Segment Start: INPUT RECORDS

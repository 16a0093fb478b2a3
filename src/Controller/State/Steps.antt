-- ===== src/Controller/State/Steps.antt =====
-- How a method built from others runs.
use application_controller.Common.{
  Bool, true, false, if◌then◌else◌, if_true, if_false, String, List, ◌∷◌, ◌≡◌, refl, ap, arith,
}
use application_controller.Errors.{Error, Result, ok, err}
use application_controller.Controller.State.{
  Call, event, State, M, fail, continue, ◌>>=◌, call, eventf, attempt,
}

module _ {F : Type 0} where
  -- The state after one more call.
  abbrev pub then_call : Call → State F → State F
  then_call c s = record s { history = c ∷ s.history }

module _ {F : Type 0} {A : Type 0} (b : Bool) (m n : M F A) (s : State F) where
  pub if-true : b ≡ true → (if b then m else n) s ≡ m s
  if-true h = ap (λ (x : M F A). x s) (if_true b m n h)

  pub if-false : b ≡ false → (if b then m else n) s ≡ n s
  if-false h = ap (λ (x : M F A). x s) (if_false b m n h)

module _ {F : Type 0} {A B : Type 0} where
  pub bind-ok :
      (m : M F A) (f : A → M F B) (s t : State F) (a : A) → m s ≡ (ok a, t) → (m >>= f) s ≡ f a t
  unfolding ◌>>=◌
  bind-ok m f s t a e = ap (λ (p : Result A × State F). continue p.0 f p.1) e

  pub bind-err :
      (m : M F A) (f : A → M F B) (s t : State F) (e : Error)
      → m s ≡ (err e, t)
      → (m >>= f) s ≡ (err e, t)
  unfolding ◌>>=◌
  bind-err m f s t e h = ap (λ (p : Result A × State F). continue p.0 f p.1) h

  pub bind-attempt :
      (m : M F A) (f : Result A → M F B) (s : State F) → (attempt m >>= f) s ≡ f (m s).0 (m s).1
  unfolding ◌>>=◌ attempt
  bind-attempt m f s = refl

  pub bind-call :
      (c : Call) (answer : List Call → Result A) (f : A → M F B) (s : State F) (a : A)
      → answer s.history ≡ ok a
      → (call c answer >>= f) s ≡ f a (then_call c s)
  unfolding call
  bind-call c answer f s a h =
      bind-ok (call c answer) f s (then_call c s) a (ap (λ r. (r, then_call c s)) h)

  continue-ok_inversion :
      (r : Result A) (f : A → M F B) (t : State F) (b : B)
      → (continue r f t).0 ≡ ok b
      → (a : A) × (r ≡ ok a) × ((f a t).0 ≡ ok b) × (continue r f t ≡ f a t)
  unfolding continue
  continue-ok_inversion (ok a) f t b h = (a, refl, h, refl)
  continue-ok_inversion (err e) f t b h = ground arith

  -- A sequence succeeds only if both parts do.
  pub bind_ok_inversion :
      (m : M F A) (f : A → M F B) (s : State F) (b : B)
      → ((m >>= f) s).0 ≡ ok b
      → (a : A) × ((m s).0 ≡ ok a) × ((f a (m s).1).0 ≡ ok b) × ((m >>= f) s ≡ f a (m s).1)
  unfolding ◌>>=◌
  bind_ok_inversion m f s b h = continue-ok_inversion (m s).0 f (m s).1 b h

  -- A sequence that ends in an error does not succeed.
  pub fails :
      {C : Type 0} (m : M F A) (e : Error) (s : State F) (b : B)
      → ((m >>= λ _. fail e) s).0 ≡ ok b
      → C
  unfolding fail
  fails m e s b h =
      let (a, _, failed, _) = bind_ok_inversion m (λ _. fail e) s b h in ground (arith, failed)

module _ {F : Type 0} {B : Type 0} where
  pub bind-eventf :
      (type reason : String) (f : Unit {0} → M F B) (s : State F)
      → (eventf type reason >>= f) s ≡ f tt (then_call (event type reason) s)
  unfolding eventf ◌>>=◌ continue
  bind-eventf type reason f s = refl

Segment End: INPUT RECORDS

Each record above is to be restated word for word.

= SOLUTION =
repository 16a0093fb478b2a3
filename src/Controller/State/Steps.antt
-- ===== src/Controller/State/Steps.antt =====
-- How a method built from others runs.
use application_controller.Common.{
  Bool, true, false, if◌then◌else◌, if_true, if_false, String, List, ◌∷◌, ◌≡◌, refl, ap, arith,
}
use application_controller.Errors.{Error, Result, ok, err}
use application_controller.Controller.State.{
  Call, event, State, M, fail, continue, ◌>>=◌, call, eventf, attempt,
}

module _ {F : Type 0} where
  -- The state after one more call.
  abbrev pub then_call : Call → State F → State F
  then_call c s = record s { history = c ∷ s.history }

module _ {F : Type 0} {A : Type 0} (b : Bool) (m n : M F A) (s : State F) where
  pub if-true : b ≡ true → (if b then m else n) s ≡ m s
  if-true h = ap (λ (x : M F A). x s) (if_true b m n h)

  pub if-false : b ≡ false → (if b then m else n) s ≡ n s
  if-false h = ap (λ (x : M F A). x s) (if_false b m n h)

module _ {F : Type 0} {A B : Type 0} where
  pub bind-ok :
      (m : M F A) (f : A → M F B) (s t : State F) (a : A) → m s ≡ (ok a, t) → (m >>= f) s ≡ f a t
  unfolding ◌>>=◌
  bind-ok m f s t a e = ap (λ (p : Result A × State F). continue p.0 f p.1) e

  pub bind-err :
      (m : M F A) (f : A → M F B) (s t : State F) (e : Error)
      → m s ≡ (err e, t)
      → (m >>= f) s ≡ (err e, t)
  unfolding ◌>>=◌
  bind-err m f s t e h = ap (λ (p : Result A × State F). continue p.0 f p.1) h

  pub bind-attempt :
      (m : M F A) (f : Result A → M F B) (s : State F) → (attempt m >>= f) s ≡ f (m s).0 (m s).1
  unfolding ◌>>=◌ attempt
  bind-attempt m f s = refl

  pub bind-call :
      (c : Call) (answer : List Call → Result A) (f : A → M F B) (s : State F) (a : A)
      → answer s.history ≡ ok a
      → (call c answer >>= f) s ≡ f a (then_call c s)
  unfolding call
  bind-call c answer f s a h =
      bind-ok (call c answer) f s (then_call c s) a (ap (λ r. (r, then_call c s)) h)

  continue-ok_inversion :
      (r : Result A) (f : A → M F B) (t : State F) (b : B)
      → (continue r f t).0 ≡ ok b
      → (a : A) × (r ≡ ok a) × ((f a t).0 ≡ ok b) × (continue r f t ≡ f a t)
  unfolding continue
  continue-ok_inversion (ok a) f t b h = (a, refl, h, refl)
  continue-ok_inversion (err e) f t b h = ground arith

  -- A sequence succeeds only if both parts do.
  pub bind_ok_inversion :
      (m : M F A) (f : A → M F B) (s : State F) (b : B)
      → ((m >>= f) s).0 ≡ ok b
      → (a : A) × ((m s).0 ≡ ok a) × ((f a (m s).1).0 ≡ ok b) × ((m >>= f) s ≡ f a (m s).1)
  unfolding ◌>>=◌
  bind_ok_inversion m f s b h = continue-ok_inversion (m s).0 f (m s).1 b h

  -- A sequence that ends in an error does not succeed.
  pub fails :
      {C : Type 0} (m : M F A) (e : Error) (s : State F) (b : B)
      → ((m >>= λ _. fail e) s).0 ≡ ok b
      → C
  unfolding fail
  fails m e s b h =
      let (a, _, failed, _) = bind_ok_inversion m (λ _. fail e) s b h in ground (arith, failed)

module _ {F : Type 0} {B : Type 0} where
  pub bind-eventf :
      (type reason : String) (f : Unit {0} → M F B) (s : State F)
      → (eventf type reason >>= f) s ≡ f tt (then_call (event type reason) s)
  unfolding eventf ◌>>=◌ continue
  bind-eventf type reason f s = refl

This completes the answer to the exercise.